Former Vice President Biden says he's focused on getting money into American households and the economy. Here's how he plans to do it.
The 2020 election is still weeks away, but Democratic presidential candidate Joe Biden won't wait for the results. He's spent months designing a plan to guide the country out of twin catastrophes -- the COVID-19 pandemic and an ever-deepening recession.
Down this road before
When Biden took the reins as Vice President of the United States in 2009, he and newly-elected President Barack Obama inherited a financial maelstrom. The Great Recession had devastated the economy and the federal deficit was out of control.
The $787 billion American Recovery and Reinvestment Act was passed within weeks. Even then, there were complaints that $787 billion was not enough. And Biden agrees.
This time, he wants to inject a large enough stimulus into the economy to stop the bleeding and prevent damage from becoming permanent. Depending on what Congress does before the elections, Biden's stimulus package is expected to cost between $1 trillion and $2 trillion.

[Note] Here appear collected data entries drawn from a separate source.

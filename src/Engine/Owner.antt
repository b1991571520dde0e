-- ===== src/Engine/Owner.antt =====
-- desktop/src/engine/mod.rs: which transfer a message about files can touch.
use antarloka.Prelude.{
  ℕ, ◌≡◌, Bool, false, not, ◌&&◌, Option, none, some, arith, list_eq, nat_eq, ◌==◌, if◌then◌else◌,
  Option-cases, inl, inr, list_beq_iff, Result, ok, err,
}
use antarloka.Prelude.Map.{lookup, insert, lookup-insert, lookup-remove}
use antarloka.Text.{Bytes}
use antarloka.Proto.Message.{TransferId, FileDone, IdReason}
use antarloka.Security.Fingerprint.{DeviceId, keys_equal}
use antarloka.Engine.Transfer.{IncomingTransfer, TransferError, is_complete, write_chunk}
use antarloka.Engine.State.{Inner, Params, Env, emit, send, send_raw}
use antarloka.Engine.Incoming.{
  abort_incoming, complete, progress, fail_chunk, after_write, on_chunk,
}
use antarloka.Engine.Dispatch.{signal_outgoing, on_stop, on_file_done}

-- The transfer is of this device and was offered with this key.
abbrev pub is_owner : IncomingTransfer → DeviceId → Bytes → Bool
is_owner t device key = t.from == device && keys_equal t.from_key key

abbrev pub unfinished : Option IncomingTransfer → Bool
unfinished none = false
unfinished (some t) = not (is_complete t)

module _ (px : Params) (env : Env) where
  after_write-others :
      (d : DeviceId) (id j : TransferId) (r : Result (Unit {0}) TransferError)
      (t : IncomingTransfer) (s : Inner)
      → (id == j) ≡ false
      → lookup j (after_write px env d id r t s).incoming ≡ lookup j s.incoming
  unfolding after_write complete progress fail_chunk abort_incoming emit send_raw send
  after_write-others d id j (ok x) t s n = ground (arith, lookup-remove id j s.incoming)
  after_write-others d id j (err e) t s n = ground (arith, lookup-remove id j s.incoming)

  -- A chunk leaves every transfer as it was that it does not name, or that another device or key
  -- offered.
  pub on_chunk-others :
      (s : Inner) (device : DeviceId) (key : Bytes) (id : TransferId) (offset : ℕ) (bytes : Bytes)
      (j : TransferId) (u : IncomingTransfer)
      → lookup j s.incoming ≡ some u
      → (id == j && is_owner u device key) ≡ false
      → lookup j (on_chunk px env s device key id offset bytes).incoming ≡ some u
  unfolding on_chunk
  on_chunk-others s device key id offset bytes j u e n =
      elim (Option-cases (lookup id s.incoming)) [
        | inl absent ↦ ground arith
        | inr (t, f) ↦
            let (r, t', disk') = write_chunk env.write_io offset bytes t s.disk in
            let s1 = record s { incoming = insert id t' s.incoming; disk = disk' } in
            ground (
              arith,
              list_beq_iff nat_eq id j,
              after_write-others device id j r t' s1,
              lookup-insert id j t' s.incoming,
            )
      ]

-- `FileDone` removes the transfer that it names if that is unfinished, and does nothing else to the
-- table: a transfer that has all its bytes when `FileDone` comes, one of size zero above all, stays.
pub lookup-on_file_done :
    (env : Env) (s : Inner) (d : FileDone) (j : TransferId)
    → lookup j (on_file_done env s d).incoming
      ≡ (if d.id == j && unfinished (lookup d.id s.incoming) then none else lookup j s.incoming)
unfolding on_file_done abort_incoming emit
lookup-on_file_done env s d j = elim (Option-cases (lookup d.id s.incoming)) [
  | inl e ↦ ground arith
  | inr (t, e) ↦ ground (arith, lookup-remove d.id j s.incoming)
]

-- `FileCancel` and `FileError` remove the transfer that they name, from whichever device it is, and
-- no other.
pub lookup-on_stop :
    (env : Env) (s : Inner) (r : IdReason) (j : TransferId)
    → lookup j (on_stop env s r).incoming ≡ (if r.id == j then none else lookup j s.incoming)
unfolding on_stop signal_outgoing abort_incoming emit
lookup-on_stop env s r j = elim (Option-cases (lookup r.id s.incoming)) [
  | inl e ↦ ground (arith, list_beq_iff nat_eq r.id j)
  | inr (t, e) ↦ ground (arith, lookup-remove r.id j s.incoming)
]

Although his plan can best be described as ambitious, it is frustratingly light on specifics. With so much at stake, it will be the details that determine the effectiveness of Biden's vision.
The Biden stimulus plan
If he is elected the 46th President of the United States in November, Biden wants to hit the ground running. Here is some of what we can expect a Biden administration stimulus package to do:
- Give another possible round of checks. Biden has made it clear that the focus needs to be on everyday Americans who are hurting.

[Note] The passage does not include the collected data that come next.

-- ===== src/Security/Trust/Authorised.antt =====
-- Who is authorised after each operation of the trust store.
use antarloka.Prelude.{
  ℕ, ◌≡◌, Bool, true, false, not, ◌&&◌, ◌||◌, Option, none, some, arith, ◌==◌, nat_eq, list_eq,
  list_beq_iff, if◌then◌else◌, is_some, ok, length, inl, inr, Option-cases,
}
use antarloka.Prelude.Map.{lookup, lookup-insert_sorted, lookup-remove, lookup-adjust}
use antarloka.Text.{Str, Bytes}
use antarloka.Security.Fingerprint.{keys_equal_iff}
use antarloka.Security.Trust.{
  TrustStore, TrustedDevice, str_lt, key_bytes, get, is_authorised, renew, new_device, add,
  remove_key, set_blocked, touch, seen,
}
use antarloka.Security.Base64.{Base64}
use antarloka.Security.Trust.Valid.{
  IsLossless, IsValid, to_text-injective, get-eq-lookup, add-Added, add-IsValid, remove_key-IsValid,
  set_blocked-IsValid, touch-IsValid,
}

-- Only a key of 32 bytes can be authorised, whatever the store holds.
pub is_authorised-length :
    (b64 : Base64) (s : TrustStore) (key : Bytes) → is_authorised b64 s key ≡ true → length key ≡ 32
unfolding is_authorised get key_bytes
is_authorised-length b64 s key h = elim (Option-cases (lookup (b64.to_text key) s.devices)) [
  | inl e ↦ ground arith
  | inr (d, e) ↦ elim (Option-cases (b64.from_text d.public_key)) [
    | inl f ↦ ground arith
    | inr (raw, f) ↦ ground (arith, keys_equal_iff raw key)
  ]
]

abbrev admits : Option TrustedDevice → Bool
admits none = false
admits (some d) = not d.blocked

module _ (b64 : Base64) (lossless : IsLossless b64) where
  authorised_by_lookup :
      (s : TrustStore) (key : Bytes)
      → IsValid s
      → length key ≡ 32
      → is_authorised b64 s key ≡ admits (lookup (b64.to_text key) s.devices)
  unfolding is_authorised
  authorised_by_lookup s key v h = ground (arith, get-eq-lookup b64 lossless s key v h)

  to_text_beq : (a b : Bytes) → (b64.to_text a == b64.to_text b) ≡ (a == b)
  to_text_beq a b = ground (
    arith,
    list_beq_iff nat_eq a b,
    list_beq_iff nat_eq (b64.to_text a) (b64.to_text b),
    to_text-injective b64 lossless a b,
  )

  -- On a valid store, with a base64 that decodes what it encodes, pairing that succeeds authorises
  -- the new key, and changes no other key of 32 bytes.
  pub is_authorised-add :
      (s t : TrustStore) (key other : Bytes) (name : Str) (now : ℕ)
      → IsValid s
      → add b64 s key name now ≡ ok t
      → length other ≡ 32
      → is_authorised b64 t other ≡ (key == other || is_authorised b64 s other)
  unfolding renew
  is_authorised-add s t key other name now v h size =
      let (_, added) = add-Added b64 lossless s t key name now h in
      let k : Str = b64.to_text key in
      let j : Str = b64.to_text other in
      elim added [
        | inl (old, e) ↦ ground (
          arith,
          authorised_by_lookup s other v size,
          authorised_by_lookup t other (add-IsValid b64 lossless s t key name now v h) size,
          to_text_beq key other,
          list_beq_iff nat_eq k j,
          lookup-adjust (renew name now) k j s.devices,
        )
        | inr (new, room, e) ↦ ground (
          arith,
          authorised_by_lookup s other v size,
          authorised_by_lookup t other (add-IsValid b64 lossless s t key name now v h) size,
          to_text_beq key other,
          lookup-insert_sorted str_lt k j (new_device k name now) s.devices,
        )
      ]

  -- On a valid store, with such a base64, forgetting a device withdraws its authorisation, and that
  -- of no other key of 32 bytes.
  pub is_authorised-remove_key :
      (s : TrustStore) (key other : Bytes)
      → IsValid s
      → length other ≡ 32
      → is_authorised b64 (remove_key b64 s key).0 other
        ≡ (not (key == other) && is_authorised b64 s other)
  unfolding remove_key
  is_authorised-remove_key s key other v size = ground (
    arith,
    authorised_by_lookup s other v size,
    authorised_by_lookup (remove_key b64 s key).0 other (remove_key-IsValid b64 lossless s key v)
        size,
    to_text_beq key other,
    lookup-remove (b64.to_text key) (b64.to_text other) s.devices,
  )

  -- On a valid store, with such a base64, a blocked device is not authorised, unblocking restores a
  -- device on record, and other keys of 32 bytes are untouched.
  pub is_authorised-set_blocked :
      (s : TrustStore) (key other : Bytes) (b : Bool)
      → IsValid s
      → length other ≡ 32
      → is_authorised b64 (set_blocked b64 s key b) other
        ≡ (if key == other then not b && is_some (get b64 s other) else is_authorised b64 s other)
  unfolding set_blocked
  is_authorised-set_blocked s key other b v size = ground (
    arith,
    authorised_by_lookup s other v size,
    get-eq-lookup b64 lossless s other v size,
    authorised_by_lookup (set_blocked b64 s key b) other
        (set_blocked-IsValid b64 lossless s key b v) size,
    to_text_beq key other,
    lookup-adjust (λ (d : TrustedDevice). record d { blocked = b }) (b64.to_text key)
        (b64.to_text other) s.devices,
  )

  -- On a valid store, with such a base64, what a connection refreshes in an entry changes the
  -- authorisation of no key of 32 bytes.
  pub is_authorised-touch :
      (s : TrustStore) (key other : Bytes) (name : Str) (now : ℕ)
      → IsValid s
      → length other ≡ 32
      → is_authorised b64 (touch b64 s key name now) other ≡ is_authorised b64 s other
  unfolding touch seen
  is_authorised-touch s key other name now v size = ground (
    arith,
    authorised_by_lookup s other v size,
    authorised_by_lookup (touch b64 s key name now) other
        (touch-IsValid b64 lossless s key name now v) size,
    lookup-adjust (seen now name) (b64.to_text key) (b64.to_text other) s.devices,
  )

- Boost unemployment benefits and strengthen the unemployment system. This is sure to be needed should the country ever experience another catastrophic loss of jobs.
- Offer paid sick leave for workers, a move that would allow sick employees to focus on getting well rather than worry about money.
- Create an $8,000 annual tax credit for parents of young children.
- Provide health insurance for Americans who have become unemployed through no fault of their own.
Other economic measures
Biden has also introduced some economic proposals intended to work hand in hand with a stimulus bill. They include:
- Rental relief programs
- Aid to small businesses in trouble due to COVID-19
- Programs to combat racial inequality
- $700 billion to build back U.S. manufacturing
- Research programs designed to stimulate American innovation
The rich pay their fair share
According to Biden, it is fundamentally unfair that working families struggle to get by while the wealthiest 1% of the country pay even lower effective tax rates than the middle class.
The breaks Biden refers to are a result of the Tax Cuts and Jobs Act, signed into law by Donald Trump at the end of 2017. According to two University of California-Berkeley economists, for the first time in U.S. history, the average effective tax rate for the 400 richest families is now 23%. In contrast, the bottom half of American workers pay a rate of 24.2%.
For that reason, Biden proposes a $4 trillion tax increase over the next decade, to be paid almost entirely by households earning $400,000 or more per year.
It all hinges on election day
Mr Biden knows that he'll need to get his stimulus plan through Congress, and the fact that he's been in this situation before may help. Biden says he plans to use what he learned working with President Obama in 2009 to turn the stricken U.S. economy around again.
Both Biden and Trump have announced plans to put money into the bank accounts of the American public. And one thing's for sure, stimulus proposals will be a focal point of the final weeks of the election campaign.